--- Task to carry out ---
Beneath this task are records; state how many of their lines hold the word "FailedBy", and nothing else.

*** Opening of Extracted data ***

-- ===== src/Stream/Run/Failures.antt =====
-- internal/core/stream/pump.go: rounds of the loop that fail or time out, one after another.
use tvr.Base.{
  ℕ, suc, ◌+◌, ◌<◌, Bool, true, false, List, [], ◌∷◌, some, length, map, ◌≡◌, refl, ap, ◌∙◌, arith,
}
use tvr.Upstream.Source.{Source}
use tvr.Stream.Session.{Session, failed_by}
use tvr.Stream.Ready.{fail_ready}
use tvr.Stream.Walk.{total_urls, advance}
use tvr.Stream.Run.{Round, Wait, round, rounds, next_round}
use tvr.Stream.Run.Attempt.{Defeat, reason, attempted, attempted-Kept, dead_round, round-dead}
use tvr.Stream.Run.Budget.{
  once_more, Trying, Trying-next, Kept-Waiting, fail_or_advance-next, fail_or_advance-fails,
}

-- A round whose attempt brings no data.
pub record Failure : Type 0 where
  pub wait : Wait
  pub meanwhile : Session → Session
  pub stop_first : Bool
  pub ending : Defeat

abbrev pub as_round : Failure → Round
as_round d = dead_round d.wait d.meanwhile d.stop_first d.ending

round-next :
    (s : Session) (k : ℕ) (t : Session) (b : ℕ) (d : Failure)
    → Trying s k t
    → k + 1 < total_urls s.source.upstreams
    → round (as_round d) (t, b) ≡ (false, advance (once_more (attempted d.ending t)), b)
round-next s k t b d h l =
    let a = attempted-Kept d.ending t h.placed in
    let same = a.source_kept ∙ h.same_source in
    round-dead t b d.wait d.meanwhile d.stop_first d.ending h.waiting h.placed
    ∙ ap (λ (p : Bool × Session). (p.0, p.1, b))
        (fail_or_advance-next (reason d.ending) (attempted d.ending t)
          (Kept-Waiting t (attempted d.ending t) a h.waiting).4
          (omega (
            arith,
            ap (λ (src : Source). total_urls src.upstreams) same,
            a.attempts_kept,
            h.kept.attempts_kept,
          )))

pub round-fails :
    (s : Session) (k : ℕ) (t : Session) (b : ℕ) (d : Failure)
    → Trying s k t
    → k + 1 ≡ total_urls s.source.upstreams
    → round (as_round d) (t, b) ≡ (
      true,
      fail_ready (some (failed_by (reason d.ending))) (once_more (attempted d.ending t)),
      b,
    )
round-fails s k t b d h l =
    let a = attempted-Kept d.ending t h.placed in
    let same = a.source_kept ∙ h.same_source in
    round-dead t b d.wait d.meanwhile d.stop_first d.ending h.waiting h.placed
    ∙ ap (λ (p : Bool × Session). (p.0, p.1, b))
        (fail_or_advance-fails (reason d.ending) (attempted d.ending t)
          (Kept-Waiting t (attempted d.ending t) a h.waiting).4
          (omega (
            arith,
            ap (λ (src : Source). total_urls src.upstreams) same,
            a.attempts_kept,
            h.kept.attempts_kept,
          )))

rounds_goes_on :
    (r : Round) (rs : List Round) (s t : Session) (b b' : ℕ)
    → round r (s, b) ≡ (false, t, b')
    → rounds (r ∷ rs) (s, b) ≡ rounds rs (t, b')
unfolding rounds
rounds_goes_on r rs s t b b' e = ap (λ o. next_round o (λ st. rounds rs st)) e

pub rounds_ends :
    (r : Round) (s t : Session) (b b' : ℕ)
    → round r (s, b) ≡ (true, t, b')
    → rounds (r ∷ []) (s, b) ≡ (true, t, b')
unfolding rounds
rounds_ends r s t b b' e = ap (λ o. next_round o (λ st. rounds [] st)) e

-- Before the budget is spent the loop goes on, and the session follows its walk.
pub rounds-Trying :
    (ds : List Failure) (s : Session) (k : ℕ) (t : Session) (b : ℕ)
    → Trying s k t
    → k + length ds < total_urls s.source.upstreams
    → (t' : Session) × (rounds (map as_round ds) (t, b) ≡ (false, t', b))
      × Trying s (k + length ds) t'
unfolding rounds
rounds-Trying [] s k t b h l = let e : k + 0 ≡ k = omega arith in (t, refl, rw e h)
rounds-Trying (d ∷ ds) s k t b h l =
    let e : k + 1 + length ds ≡ k + suc (length ds) = omega arith in
    let (t', runs, tried) =
      rounds-Trying ds s (k + 1) (advance (once_more (attempted d.ending t))) b
        (Trying-next d.ending s k t h) (omega arith) in
    let first = round-next s k t b d h (omega arith) in
    (t', rounds_goes_on (as_round d) (map as_round ds) t _ b b first ∙ runs, rw e at tried)
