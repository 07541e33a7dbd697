-- ===== src/Stream/Run/Failover.antt =====
-- A failover session that gets no data gives up only when it has tried every URL.
use tvr.Base.{
  ℕ, zero, suc, ◌+◌, ◌<◌, Bool, true, false, List, [], ◌∷◌, some, length, get_or, get_elem?, take,
  length-take, map, map-append, ◌++◌, ◌≡◌, refl, sym, ap, ◌∙◌, arith, Text,
}
use mathlib.Core.Bool.{false≢true}
use tvr.Upstream.Source.{Source, fetch_urls, is_fallback}
use tvr.Stream.Session.{Session, StreamError, failed_by}
use tvr.Stream.Ready.{fail_ready}
use tvr.Stream.Walk
use tvr.Stream.Walk.{apply_current_upstream, urls_at, total_urls, attempt_budget, advance}
use tvr.Stream.Walk.Order.{advance_by, at, walk_covers}
use tvr.Stream.Run.{Round, round, rounds, next_round}
use tvr.Stream.Run.Attempt.{Waiting, reason, attempted, attempted-Kept, upstream_at}
use tvr.Stream.Run.Budget.{once_more, Trying, Kept-Waiting}
use tvr.Stream.Run.Failures.{Failure, as_round, round-fails, rounds_ends, rounds-Trying}

-- The error that readiness ended with.
abbrev pub FailedBy : StreamError → Session → Type 0
FailedBy e t = (t.ready_closed ≡ true) × (t.ready_err ≡ some (failed_by e)) × (t.ever_ready ≡ false)

fail_ready-FailedBy :
    (e : StreamError) (t : Session)
    → t.ready_closed ≡ false
    → t.ever_ready ≡ false
    → FailedBy e (fail_ready (some (failed_by e)) t)
unfolding fail_ready
fail_ready-FailedBy e t c v = (ground arith, ground arith, ground arith)

-- A failover session that waits for data with a viewer, at the first URL of one of its upstreams.
pub record Starts (s : Session) : Type 0 where
  pub waiting : Waiting s
  pub fresh : s.attempts_before_ready ≡ 0
  pub first_url : s.candidate_index ≡ 0
  pub in_range : s.current_index < length s.source.upstreams

Starts-Trying : (s : Session) → Starts s → Trying s 0 s
Starts-Trying s h = record {
  kept = record {
    source_kept = refl;
    viewers_kept = refl;
    stopped_kept = refl;
    ever_kept = refl;
    open_kept = refl;
    attempts_kept = h.fresh;
    current_kept = refl;
    candidate_kept = refl;
  };
  waiting = h.waiting;
  placed = (h.in_range, omega (arith, h.first_url));
  same_source = refl;
}

budget-total :
    (s : Session) → is_fallback s.source ≡ true → attempt_budget s ≡ total_urls s.source.upstreams
unfolding attempt_budget
budget-total s f = ground arith

get_elem?-get_or :
    (xs : List Text) (c : ℕ) (d : Text) → c < length xs → get_elem? xs c ≡ some (get_or xs c d)
get_elem?-get_or [] c d h = elim h [ ]
get_elem?-get_or (x ∷ xs) zero d h = refl
get_elem?-get_or (x ∷ xs) (suc c) d h = get_elem?-get_or xs c d (omega arith)

-- The URL that the next attempt takes is the one at the session's place.
applied_url :
    (t : Session)
    → t.current_index < length t.source.upstreams
    → t.candidate_index < length (urls_at t.source.upstreams t.current_index)
    → get_elem? (urls_at t.source.upstreams t.current_index) t.candidate_index
      ≡ some (apply_current_upstream t).upstream.url
unfolding apply_current_upstream
applied_url t h k =
    let (up, found, urls) = upstream_at t.source.upstreams t.current_index h in
    let here : Walk.in_range t.current_index (length t.source.upstreams) ≡ t.current_index =
      ground arith in
    let there : Walk.in_range t.candidate_index (length (fetch_urls up)) ≡ t.candidate_index =
      ground (arith, ap length urls) in
    rw (here, apply_current_upstream)
      (rw (found, apply_current_upstream)
        (rw there (rw urls (get_elem?-get_or _ t.candidate_index up.url k))))

rounds-append :
    (rs qs : List Round) (s t : Session) (b b' : ℕ)
    → rounds rs (s, b) ≡ (false, t, b')
    → rounds (rs ++ qs) (s, b) ≡ rounds qs (t, b')
unfolding rounds
rounds-append [] qs s t b b' e = cc
rounds-append (r ∷ rs) qs s t b b' e = go (round r (s, b)) refl (rounds-append rs qs)
  where
    go :
        (o : Bool × Session × ℕ)
        → round r (s, b) ≡ o
        → ((s1 t1 : Session) (b1 b2 : ℕ)
            → rounds rs (s1, b1) ≡ (false, t1, b2)
            → rounds (rs ++ qs) (s1, b1) ≡ rounds qs (t1, b2))
        → rounds (r ∷ (rs ++ qs)) (s, b) ≡ rounds qs (t, b')
    go (true, s1, b1) q ih =
        let bad : (true, s1, b1) ≡ (false, t, b') =
          ap (λ o. next_round o (λ st. rounds rs st)) (sym q) ∙ e in
        absurd (false≢true (ap (λ (o : Bool × Session × ℕ). o.0) (sym bad)))
    go (false, s1, b1) q ih =
        ap (λ o. next_round o (λ st. rounds (rs ++ qs) st)) q
        ∙ ih s1 t b1 b' (ap (λ o. next_round o (λ st. rounds rs st)) (sym q) ∙ e)

-- Let a failover session wait for data with a viewer, at the first URL of an upstream and with no attempt made. Of one
-- failure fewer than its attempt budget, some first ones lead to any URL of any upstream: behind them the loop
-- still goes on, whatever the errors were and whichever attempts timed out, and the next attempt takes that URL.
pub failover_tries_every_url :
    (s : Session) (ds : List Failure) (b j c : ℕ)
    → Starts s
    → length ds + 1 ≡ attempt_budget s
    → j < length s.source.upstreams
    → c < length (urls_at s.source.upstreams j)
    → (k : ℕ) × (t : Session) × (rounds (map as_round (take k ds)) (s, b) ≡ (false, t, b))
      × (get_elem? (urls_at s.source.upstreams j) c ≡ some (apply_current_upstream t).upstream.url)
failover_tries_every_url s ds b j c h e hj hc =
    let total = budget-total s h.waiting.4 in
    let (k, less, there) =
      walk_covers s h.waiting.4 s.current_index j c h.in_range hj (omega arith) in
    let len : length (take k ds) ≡ k = length-take k ds (omega arith) in
    let (t, runs, tried) =
      rounds-Trying (take k ds) s 0 s b (Starts-Trying s h) (omega (arith, e, total)) in
    let start : at s s.current_index 0 ≡ s = ap (λ n. at s s.current_index n) (sym h.first_url) in
    let z : 0 + length (take k ds) ≡ k = omega arith in
    let stands : advance_by (0 + length (take k ds)) s ≡ at s j c =
      rw z (ap (advance_by k) (sym start) ∙ there) in
    let cur : t.current_index ≡ j =
      tried.kept.current_kept ∙ ap (λ (u : Session). u.current_index) stands in
    let cand : t.candidate_index ≡ c =
      tried.kept.candidate_kept ∙ ap (λ (u : Session). u.candidate_index) stands in
    let same = tried.same_source in
    let url_place : get_elem? (urls_at t.source.upstreams t.current_index) t.candidate_index
        ≡ get_elem? (urls_at s.source.upstreams j) c =
      ap (λ (src : Source). get_elem? (urls_at src.upstreams t.current_index) t.candidate_index)
        same
      ∙ ap (λ i. get_elem? (urls_at s.source.upstreams i) t.candidate_index) cur
      ∙ ap (λ m. get_elem? (urls_at s.source.upstreams j) m) cand in
    let few : t.candidate_index < length (urls_at t.source.upstreams t.current_index) =
      rw (cand, cur, same) hc in
    (k, t, runs, sym url_place ∙ applied_url t tried.placed.0 few)

-- Let a failover session wait for data with a viewer, at the first URL of an upstream and with no attempt made. After as
-- many failures and time-outs, in any order, as its attempt budget the loop ends, and readiness has failed by the last
-- error, which is the readiness time-out where the last attempt timed out.
pub failover_gives_up :
    (s : Session) (ds : List Failure) (d : Failure) (b : ℕ)
    → Starts s
    → length ds + 1 ≡ attempt_budget s
    → (t : Session) × (rounds (map as_round (ds ++ d ∷ [])) (s, b) ≡ (true, t, b))
      × FailedBy (reason d.ending) t
failover_gives_up s ds d b h e =
    let total = budget-total s h.waiting.4 in
    let (t, runs, tried) = rounds-Trying ds s 0 s b (Starts-Trying s h) (omega (arith, e, total)) in
    let z : 0 + length ds + 1 ≡ length ds + 1 = omega arith in
    let a = attempted-Kept d.ending t tried.placed in
    let w = Kept-Waiting t (attempted d.ending t) a tried.waiting in
    (
      fail_ready (some (failed_by (reason d.ending))) (once_more (attempted d.ending t)),
      ap (λ rs. rounds rs (s, b)) (map-append as_round ds (d ∷ []))
          ∙ rounds-append (map as_round ds) (as_round d ∷ []) s t b b runs
          ∙ rounds_ends (as_round d) t _ b b
              (round-fails s (0 + length ds) t b d tried (z ∙ e ∙ total)),
      fail_ready-FailedBy (reason d.ending) (once_more (attempted d.ending t)) w.3 w.2,
    )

*** Close of Extracted data ***

--- Result for this task ---
7